### Problem requirements
Your answer should be a single number: the count of lines in the listing that contain "source".
---+---
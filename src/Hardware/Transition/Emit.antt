-- ===== src/Hardware/Transition/Emit.antt =====
-- `ShouldEmitTransition` over a sequence of transitions: the policy of the first hit.
use vd_trace.Base.{
  ℕ, ◌+◌, ◌%◌, ◌≡◌, refl, ap, Bool, true, false, List, [], ◌∷◌, Option, arith, if◌then◌else◌,
  Bool-cases, inl, inr, length, u64_mod,
}
use vd_trace.Session.{FlowEdgeKey, is_every_hit, RegionCache, Impl, ExecutionAddressKind}
use vd_trace.Regions.{
  MemoryInformation, resolve_execution_address, query_non_module_executable_region,
  try_read_cached_region,
}
use vd_trace.Regions.Cache.{IsConsistent, IsSound, empty_cache, resolve-Keeps}
use vd_trace.Hardware.Transition.{
  contains_edge, is_recordable, emit_from, should_emit_transition, next64,
}

module _ (virtual_query : ℕ → Option MemoryInformation) where
  -- The session after a sequence of transitions, and those that were emitted.
  pub after_transitions : Impl → List FlowEdgeKey → Impl
  after_transitions impl [] = impl
  after_transitions impl (k ∷ ks) =
      after_transitions (should_emit_transition virtual_query impl k).1 ks

  pub emitted : Impl → List FlowEdgeKey → List FlowEdgeKey
  emitted impl [] = []
  emitted impl (k ∷ ks) =
      let r = should_emit_transition virtual_query impl k in
      let rest = emitted r.1 ks in if r.0 then k ∷ rest else rest

  -- The transitions whose source lies in memory that is recorded.
  abbrev pub is_recorded : Impl → FlowEdgeKey → Bool
  is_recorded impl k =
      is_recordable impl
        (resolve_execution_address virtual_query impl empty_cache k.instruction).0.kind

  pub recorded : Impl → List FlowEdgeKey → List FlowEdgeKey
  recorded impl [] = []
  recorded impl (k ∷ ks) =
      let rest = recorded impl ks in if is_recorded impl k then k ∷ rest else rest

-- The edges that have not occurred before, each at its first occurrence.
pub first_new : List FlowEdgeKey → List FlowEdgeKey → List FlowEdgeKey
first_new seen [] = []
first_new seen (k ∷ ks) =
    let skipped = first_new seen ks in
    let kept = first_new (k ∷ seen) ks in if contains_edge k seen then skipped else k ∷ kept

-- What a transition can change of a session.
abbrev emitting : Impl → RegionCache → ℕ → ℕ → List FlowEdgeKey → Impl
emitting impl cache outside duplicate seen = record impl {
  region_cache = cache;
  outside_suppressed_count = outside;
  duplicate_edge_suppressed_count = duplicate;
  seen_edges = seen;
}

module _ (virtual_query : ℕ → Option MemoryInformation) (impl : Impl) where
  resolve-emitting :
      (cache c : RegionCache) (o d : ℕ) (seen : List FlowEdgeKey) (a : ℕ)
      → resolve_execution_address virtual_query (emitting impl cache o d seen) c a
        ≡ resolve_execution_address virtual_query impl c a
  unfolding resolve_execution_address query_non_module_executable_region try_read_cached_region
  resolve-emitting cache c o d seen a = refl

  -- One transition under the policy of the first hit, by whether its source is recorded and its
  -- edge is known.
  abbrev decided : Bool → Bool → RegionCache → ℕ → ℕ → List FlowEdgeKey → FlowEdgeKey → Bool × Impl
  decided false known cache o d seen k = (false, emitting impl cache (next64 o) d seen)
  decided true false cache o d seen k = (true, emitting impl cache o d (k ∷ seen))
  decided true true cache o d seen k = (false, emitting impl cache o (next64 d) seen)

  emit_from-decided :
      (kind : ExecutionAddressKind) (cache : RegionCache) (o d : ℕ) (seen : List FlowEdgeKey)
      (k : FlowEdgeKey)
      → is_every_hit impl.options.hit_policy ≡ false
      → emit_from (emitting impl cache o d seen) kind k
        ≡ decided (is_recordable impl kind) (contains_edge k seen) cache o d seen k
  unfolding emit_from
  emit_from-decided kind cache o d seen k first = ground arith

  module _ (c : IsConsistent virtual_query)
      (first : is_every_hit impl.options.hit_policy ≡ false) where
    step-decided :
        (cache : RegionCache) (o d : ℕ) (seen : List FlowEdgeKey) (k : FlowEdgeKey)
        → IsSound virtual_query impl cache
        → should_emit_transition virtual_query (emitting impl cache o d seen) k
          ≡ decided
              (is_recorded virtual_query impl k)
              (contains_edge k seen)
              (resolve_execution_address virtual_query impl cache k.instruction).1
              o
              d
              seen
              k
    unfolding should_emit_transition
    step-decided cache o d seen k s = rw (
      resolve-emitting,
      emit_from-decided,
      (resolve-Keeps virtual_query impl c cache s k.instruction).0.0,
      first,
    )

    emitted-run :
        (cache : RegionCache) (o d : ℕ) (seen ks : List FlowEdgeKey)
        → IsSound virtual_query impl cache
        → emitted virtual_query (emitting impl cache o d seen) ks
          ≡ first_new seen (recorded virtual_query impl ks)
    unfolding emitted first_new recorded
    emitted-run cache o d seen [] s = refl
    emitted-run cache o d seen (k ∷ ks) s =
        let r = resolve_execution_address virtual_query impl cache k.instruction in
        let s' = (resolve-Keeps virtual_query impl c cache s k.instruction).1 in
        rw (step-decided cache o d seen k s) (elim (Bool-cases (is_recorded virtual_query impl k)) [
          | inr outside ↦ rw outside (emitted-run r.1 (next64 o) d seen ks s')
          | inl inside ↦ elim (Bool-cases (contains_edge k seen)) [
            | inl known ↦ rw (inside, known) (emitted-run r.1 o (next64 d) seen ks s')
            | inr new ↦ rw (inside, new) (ap (◌∷◌ k) (emitted-run r.1 o d (k ∷ seen) ks s'))
          ]
        ])

-- Under the policy of the first hit a sequence of transitions emits exactly those whose source
-- lies in recorded memory and whose edge has not been seen before, each at its first occurrence
-- and in order. The hypotheses: `VirtualQuery` answers consistently, and the region cache that
-- the session starts with agrees with it.
pub emitted-first_new :
    (virtual_query : ℕ → Option MemoryInformation) (impl : Impl) (ks : List FlowEdgeKey)
    → IsConsistent virtual_query
    → IsSound virtual_query impl impl.region_cache
    → is_every_hit impl.options.hit_policy ≡ false
    → emitted virtual_query impl ks ≡ first_new impl.seen_edges (recorded virtual_query impl ks)
emitted-first_new virtual_query impl ks c s first =
    emitted-run virtual_query impl c first impl.region_cache impl.outside_suppressed_count
      impl.duplicate_edge_suppressed_count impl.seen_edges ks s

abbrev as_number : Bool → ℕ
as_number true = 1
as_number false = 0

module _ (virtual_query : ℕ → Option MemoryInformation) where
  step-count :
      (impl : Impl) (k : FlowEdgeKey)
      → let r = should_emit_transition virtual_query impl k in
        (r.1.outside_suppressed_count + r.1.duplicate_edge_suppressed_count + as_number r.0)
          % u64_mod
        ≡ (impl.outside_suppressed_count + impl.duplicate_edge_suppressed_count + 1) % u64_mod
  unfolding should_emit_transition
  step-count impl k = ground arith

  -- Every transition is accounted for once, under either policy: the emitted ones and the growth of
  -- the two counters of suppressed transitions add up to the transitions, modulo 2 ^ 64.
  pub emitted-count :
      (impl : Impl) (ks : List FlowEdgeKey)
      → let t = after_transitions virtual_query impl ks in
        (t.outside_suppressed_count
            + t.duplicate_edge_suppressed_count
            + length (emitted virtual_query impl ks))
          % u64_mod
        ≡ (impl.outside_suppressed_count + impl.duplicate_edge_suppressed_count + length ks)
          % u64_mod
  unfolding after_transitions emitted
  emitted-count impl [] = refl
  emitted-count impl (k ∷ ks) =
      let r = should_emit_transition virtual_query impl k in
      let ih = emitted-count r.1 ks in
      let one = step-count impl k in
      elim (Bool-cases r.0) [
        | inl yes' ↦ rw yes' (omega (arith, ih, rw yes' at one))
        | inr no' ↦ rw no' (omega (arith, ih, rw no' at one))
      ]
---+---
### Exercise response
3